**What you are asked to do:**
Set the listing down again, exactly as it stands below.

**Supplied records:**
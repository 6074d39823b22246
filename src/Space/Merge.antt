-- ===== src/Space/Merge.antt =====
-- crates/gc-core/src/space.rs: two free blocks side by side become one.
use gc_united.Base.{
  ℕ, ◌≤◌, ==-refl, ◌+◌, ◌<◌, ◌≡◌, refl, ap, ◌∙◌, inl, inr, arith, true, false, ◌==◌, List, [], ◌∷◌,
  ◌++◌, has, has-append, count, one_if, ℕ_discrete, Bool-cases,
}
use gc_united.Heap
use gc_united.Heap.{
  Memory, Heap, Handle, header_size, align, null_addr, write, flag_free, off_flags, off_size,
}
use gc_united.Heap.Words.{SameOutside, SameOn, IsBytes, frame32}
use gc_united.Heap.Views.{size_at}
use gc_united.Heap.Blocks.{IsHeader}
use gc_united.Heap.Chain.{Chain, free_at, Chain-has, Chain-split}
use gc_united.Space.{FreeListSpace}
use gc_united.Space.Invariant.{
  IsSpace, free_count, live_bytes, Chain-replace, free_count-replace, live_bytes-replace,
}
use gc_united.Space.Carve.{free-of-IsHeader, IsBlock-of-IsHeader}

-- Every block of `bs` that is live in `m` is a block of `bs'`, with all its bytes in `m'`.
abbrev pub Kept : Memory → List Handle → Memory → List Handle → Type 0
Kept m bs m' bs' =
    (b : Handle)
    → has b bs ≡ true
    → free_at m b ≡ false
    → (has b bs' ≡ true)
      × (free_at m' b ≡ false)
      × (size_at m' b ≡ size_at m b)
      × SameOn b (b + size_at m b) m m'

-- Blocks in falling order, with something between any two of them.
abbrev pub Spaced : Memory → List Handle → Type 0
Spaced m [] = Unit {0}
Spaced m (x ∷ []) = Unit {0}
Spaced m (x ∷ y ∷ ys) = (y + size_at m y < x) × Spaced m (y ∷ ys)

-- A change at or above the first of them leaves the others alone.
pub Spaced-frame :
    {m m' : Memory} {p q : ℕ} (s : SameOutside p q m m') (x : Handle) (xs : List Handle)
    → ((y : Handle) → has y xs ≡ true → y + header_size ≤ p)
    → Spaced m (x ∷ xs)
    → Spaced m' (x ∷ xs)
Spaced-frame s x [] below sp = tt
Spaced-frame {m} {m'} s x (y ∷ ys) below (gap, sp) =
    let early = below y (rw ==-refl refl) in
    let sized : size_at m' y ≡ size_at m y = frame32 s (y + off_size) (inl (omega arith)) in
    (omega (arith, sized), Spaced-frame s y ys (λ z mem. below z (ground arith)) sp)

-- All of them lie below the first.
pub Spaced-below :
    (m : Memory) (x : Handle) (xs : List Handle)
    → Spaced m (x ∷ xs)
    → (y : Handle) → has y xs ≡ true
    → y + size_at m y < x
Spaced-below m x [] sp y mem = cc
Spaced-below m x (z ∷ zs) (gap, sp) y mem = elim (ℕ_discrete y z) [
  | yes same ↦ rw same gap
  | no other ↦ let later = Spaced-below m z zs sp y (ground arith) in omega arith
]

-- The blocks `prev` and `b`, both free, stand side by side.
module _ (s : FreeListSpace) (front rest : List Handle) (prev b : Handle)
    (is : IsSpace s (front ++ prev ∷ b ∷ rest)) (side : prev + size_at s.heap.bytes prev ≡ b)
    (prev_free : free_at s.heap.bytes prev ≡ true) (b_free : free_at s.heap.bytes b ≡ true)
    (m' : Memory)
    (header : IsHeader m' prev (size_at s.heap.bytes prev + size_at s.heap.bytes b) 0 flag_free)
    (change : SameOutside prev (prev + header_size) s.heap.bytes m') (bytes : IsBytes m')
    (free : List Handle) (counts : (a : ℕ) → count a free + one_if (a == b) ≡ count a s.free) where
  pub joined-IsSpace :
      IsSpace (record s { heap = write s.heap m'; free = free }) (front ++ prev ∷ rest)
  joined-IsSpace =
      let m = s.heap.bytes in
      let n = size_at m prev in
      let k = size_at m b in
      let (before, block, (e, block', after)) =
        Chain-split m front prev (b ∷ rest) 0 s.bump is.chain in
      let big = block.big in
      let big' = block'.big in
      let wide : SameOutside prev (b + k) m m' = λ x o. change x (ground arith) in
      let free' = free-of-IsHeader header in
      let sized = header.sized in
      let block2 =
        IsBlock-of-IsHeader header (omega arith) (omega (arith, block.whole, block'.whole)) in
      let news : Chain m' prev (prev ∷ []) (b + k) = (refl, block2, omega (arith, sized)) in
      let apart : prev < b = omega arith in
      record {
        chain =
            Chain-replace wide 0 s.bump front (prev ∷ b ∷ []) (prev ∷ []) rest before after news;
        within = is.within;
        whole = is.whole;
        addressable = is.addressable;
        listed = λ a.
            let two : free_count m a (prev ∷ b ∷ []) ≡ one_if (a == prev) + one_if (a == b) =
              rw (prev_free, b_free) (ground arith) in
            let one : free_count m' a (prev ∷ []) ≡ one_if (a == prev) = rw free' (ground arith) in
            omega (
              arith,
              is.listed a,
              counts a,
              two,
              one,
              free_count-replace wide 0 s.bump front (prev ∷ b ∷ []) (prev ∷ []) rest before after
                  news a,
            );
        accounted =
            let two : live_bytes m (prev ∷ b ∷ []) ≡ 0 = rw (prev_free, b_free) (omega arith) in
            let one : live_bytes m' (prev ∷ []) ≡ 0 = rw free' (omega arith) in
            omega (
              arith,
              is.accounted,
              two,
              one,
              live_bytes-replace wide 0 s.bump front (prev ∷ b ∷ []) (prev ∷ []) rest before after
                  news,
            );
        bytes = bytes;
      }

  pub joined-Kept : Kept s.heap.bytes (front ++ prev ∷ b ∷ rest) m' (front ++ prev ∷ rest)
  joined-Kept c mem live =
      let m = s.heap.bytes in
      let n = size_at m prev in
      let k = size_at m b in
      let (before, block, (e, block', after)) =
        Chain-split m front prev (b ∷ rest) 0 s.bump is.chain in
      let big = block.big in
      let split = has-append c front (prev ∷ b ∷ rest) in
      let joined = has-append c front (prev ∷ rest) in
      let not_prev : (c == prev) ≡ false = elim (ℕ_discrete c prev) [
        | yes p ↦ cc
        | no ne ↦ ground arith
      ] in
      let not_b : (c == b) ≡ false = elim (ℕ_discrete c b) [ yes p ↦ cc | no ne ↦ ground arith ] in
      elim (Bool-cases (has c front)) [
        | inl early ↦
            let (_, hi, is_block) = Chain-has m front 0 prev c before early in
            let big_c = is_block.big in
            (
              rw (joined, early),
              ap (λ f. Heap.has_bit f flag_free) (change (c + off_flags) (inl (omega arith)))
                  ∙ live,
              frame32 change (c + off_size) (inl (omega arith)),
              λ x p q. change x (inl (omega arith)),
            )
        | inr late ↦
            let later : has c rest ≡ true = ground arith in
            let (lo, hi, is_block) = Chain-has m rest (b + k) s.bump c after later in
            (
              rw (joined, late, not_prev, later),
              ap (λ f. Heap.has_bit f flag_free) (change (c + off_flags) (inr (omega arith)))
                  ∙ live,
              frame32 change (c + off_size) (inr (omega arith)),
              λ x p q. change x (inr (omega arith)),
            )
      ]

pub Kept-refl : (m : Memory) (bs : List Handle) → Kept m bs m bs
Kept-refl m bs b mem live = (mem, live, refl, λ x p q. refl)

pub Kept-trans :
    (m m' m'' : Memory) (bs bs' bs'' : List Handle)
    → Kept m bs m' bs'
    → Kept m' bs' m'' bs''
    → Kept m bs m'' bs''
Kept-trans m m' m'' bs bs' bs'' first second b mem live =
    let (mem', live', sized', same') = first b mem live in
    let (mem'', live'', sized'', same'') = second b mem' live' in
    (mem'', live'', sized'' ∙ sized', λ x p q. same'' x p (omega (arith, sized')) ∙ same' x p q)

**Output:**
repository 6074d39823b22246
filename src/Space/Merge.antt
-- ===== src/Space/Merge.antt =====
-- crates/gc-core/src/space.rs: two free blocks side by side become one.
use gc_united.Base.{
  ℕ, ◌≤◌, ==-refl, ◌+◌, ◌<◌, ◌≡◌, refl, ap, ◌∙◌, inl, inr, arith, true, false, ◌==◌, List, [], ◌∷◌,
  ◌++◌, has, has-append, count, one_if, ℕ_discrete, Bool-cases,
}
use gc_united.Heap
use gc_united.Heap.{
  Memory, Heap, Handle, header_size, align, null_addr, write, flag_free, off_flags, off_size,
}
use gc_united.Heap.Words.{SameOutside, SameOn, IsBytes, frame32}
use gc_united.Heap.Views.{size_at}
use gc_united.Heap.Blocks.{IsHeader}
use gc_united.Heap.Chain.{Chain, free_at, Chain-has, Chain-split}
use gc_united.Space.{FreeListSpace}
use gc_united.Space.Invariant.{
  IsSpace, free_count, live_bytes, Chain-replace, free_count-replace, live_bytes-replace,
}
use gc_united.Space.Carve.{free-of-IsHeader, IsBlock-of-IsHeader}

-- Every block of `bs` that is live in `m` is a block of `bs'`, with all its bytes in `m'`.
abbrev pub Kept : Memory → List Handle → Memory → List Handle → Type 0
Kept m bs m' bs' =
    (b : Handle)
    → has b bs ≡ true
    → free_at m b ≡ false
    → (has b bs' ≡ true)
      × (free_at m' b ≡ false)
      × (size_at m' b ≡ size_at m b)
      × SameOn b (b + size_at m b) m m'

-- Blocks in falling order, with something between any two of them.
abbrev pub Spaced : Memory → List Handle → Type 0
Spaced m [] = Unit {0}
Spaced m (x ∷ []) = Unit {0}
Spaced m (x ∷ y ∷ ys) = (y + size_at m y < x) × Spaced m (y ∷ ys)

-- A change at or above the first of them leaves the others alone.
pub Spaced-frame :
    {m m' : Memory} {p q : ℕ} (s : SameOutside p q m m') (x : Handle) (xs : List Handle)
    → ((y : Handle) → has y xs ≡ true → y + header_size ≤ p)
    → Spaced m (x ∷ xs)
    → Spaced m' (x ∷ xs)
Spaced-frame s x [] below sp = tt
Spaced-frame {m} {m'} s x (y ∷ ys) below (gap, sp) =
    let early = below y (rw ==-refl refl) in
    let sized : size_at m' y ≡ size_at m y = frame32 s (y + off_size) (inl (omega arith)) in
    (omega (arith, sized), Spaced-frame s y ys (λ z mem. below z (ground arith)) sp)

-- All of them lie below the first.
pub Spaced-below :
    (m : Memory) (x : Handle) (xs : List Handle)
    → Spaced m (x ∷ xs)
    → (y : Handle) → has y xs ≡ true
    → y + size_at m y < x
Spaced-below m x [] sp y mem = cc
Spaced-below m x (z ∷ zs) (gap, sp) y mem = elim (ℕ_discrete y z) [
  | yes same ↦ rw same gap
  | no other ↦ let later = Spaced-below m z zs sp y (ground arith) in omega arith
]

-- The blocks `prev` and `b`, both free, stand side by side.
module _ (s : FreeListSpace) (front rest : List Handle) (prev b : Handle)
    (is : IsSpace s (front ++ prev ∷ b ∷ rest)) (side : prev + size_at s.heap.bytes prev ≡ b)
    (prev_free : free_at s.heap.bytes prev ≡ true) (b_free : free_at s.heap.bytes b ≡ true)
    (m' : Memory)
    (header : IsHeader m' prev (size_at s.heap.bytes prev + size_at s.heap.bytes b) 0 flag_free)
    (change : SameOutside prev (prev + header_size) s.heap.bytes m') (bytes : IsBytes m')
    (free : List Handle) (counts : (a : ℕ) → count a free + one_if (a == b) ≡ count a s.free) where
  pub joined-IsSpace :
      IsSpace (record s { heap = write s.heap m'; free = free }) (front ++ prev ∷ rest)
  joined-IsSpace =
      let m = s.heap.bytes in
      let n = size_at m prev in
      let k = size_at m b in
      let (before, block, (e, block', after)) =
        Chain-split m front prev (b ∷ rest) 0 s.bump is.chain in
      let big = block.big in
      let big' = block'.big in
      let wide : SameOutside prev (b + k) m m' = λ x o. change x (ground arith) in
      let free' = free-of-IsHeader header in
      let sized = header.sized in
      let block2 =
        IsBlock-of-IsHeader header (omega arith) (omega (arith, block.whole, block'.whole)) in
      let news : Chain m' prev (prev ∷ []) (b + k) = (refl, block2, omega (arith, sized)) in
      let apart : prev < b = omega arith in
      record {
        chain =
            Chain-replace wide 0 s.bump front (prev ∷ b ∷ []) (prev ∷ []) rest before after news;
        within = is.within;
        whole = is.whole;
        addressable = is.addressable;
        listed = λ a.
            let two : free_count m a (prev ∷ b ∷ []) ≡ one_if (a == prev) + one_if (a == b) =
              rw (prev_free, b_free) (ground arith) in
            let one : free_count m' a (prev ∷ []) ≡ one_if (a == prev) = rw free' (ground arith) in
            omega (
              arith,
              is.listed a,
              counts a,
              two,
              one,
              free_count-replace wide 0 s.bump front (prev ∷ b ∷ []) (prev ∷ []) rest before after
                  news a,
            );
        accounted =
            let two : live_bytes m (prev ∷ b ∷ []) ≡ 0 = rw (prev_free, b_free) (omega arith) in
            let one : live_bytes m' (prev ∷ []) ≡ 0 = rw free' (omega arith) in
            omega (
              arith,
              is.accounted,
              two,
              one,
              live_bytes-replace wide 0 s.bump front (prev ∷ b ∷ []) (prev ∷ []) rest before after
                  news,
            );
        bytes = bytes;
      }

  pub joined-Kept : Kept s.heap.bytes (front ++ prev ∷ b ∷ rest) m' (front ++ prev ∷ rest)
  joined-Kept c mem live =
      let m = s.heap.bytes in
      let n = size_at m prev in
      let k = size_at m b in
      let (before, block, (e, block', after)) =
        Chain-split m front prev (b ∷ rest) 0 s.bump is.chain in
      let big = block.big in
      let split = has-append c front (prev ∷ b ∷ rest) in
      let joined = has-append c front (prev ∷ rest) in
      let not_prev : (c == prev) ≡ false = elim (ℕ_discrete c prev) [
        | yes p ↦ cc
        | no ne ↦ ground arith
      ] in
      let not_b : (c == b) ≡ false = elim (ℕ_discrete c b) [ yes p ↦ cc | no ne ↦ ground arith ] in
      elim (Bool-cases (has c front)) [
        | inl early ↦
            let (_, hi, is_block) = Chain-has m front 0 prev c before early in
            let big_c = is_block.big in
            (
              rw (joined, early),
              ap (λ f. Heap.has_bit f flag_free) (change (c + off_flags) (inl (omega arith)))
                  ∙ live,
              frame32 change (c + off_size) (inl (omega arith)),
              λ x p q. change x (inl (omega arith)),
            )
        | inr late ↦
            let later : has c rest ≡ true = ground arith in
            let (lo, hi, is_block) = Chain-has m rest (b + k) s.bump c after later in
            (
              rw (joined, late, not_prev, later),
              ap (λ f. Heap.has_bit f flag_free) (change (c + off_flags) (inr (omega arith)))
                  ∙ live,
              frame32 change (c + off_size) (inr (omega arith)),
              λ x p q. change x (inr (omega arith)),
            )
      ]

pub Kept-refl : (m : Memory) (bs : List Handle) → Kept m bs m bs
Kept-refl m bs b mem live = (mem, live, refl, λ x p q. refl)

pub Kept-trans :
    (m m' m'' : Memory) (bs bs' bs'' : List Handle)
    → Kept m bs m' bs'
    → Kept m' bs' m'' bs''
    → Kept m bs m'' bs''
Kept-trans m m' m'' bs bs' bs'' first second b mem live =
    let (mem', live', sized', same') = first b mem live in
    let (mem'', live'', sized'', same'') = second b mem' live' in
    (mem'', live'', sized'' ∙ sized', λ x p q. same'' x p (omega (arith, sized')) ∙ same' x p q)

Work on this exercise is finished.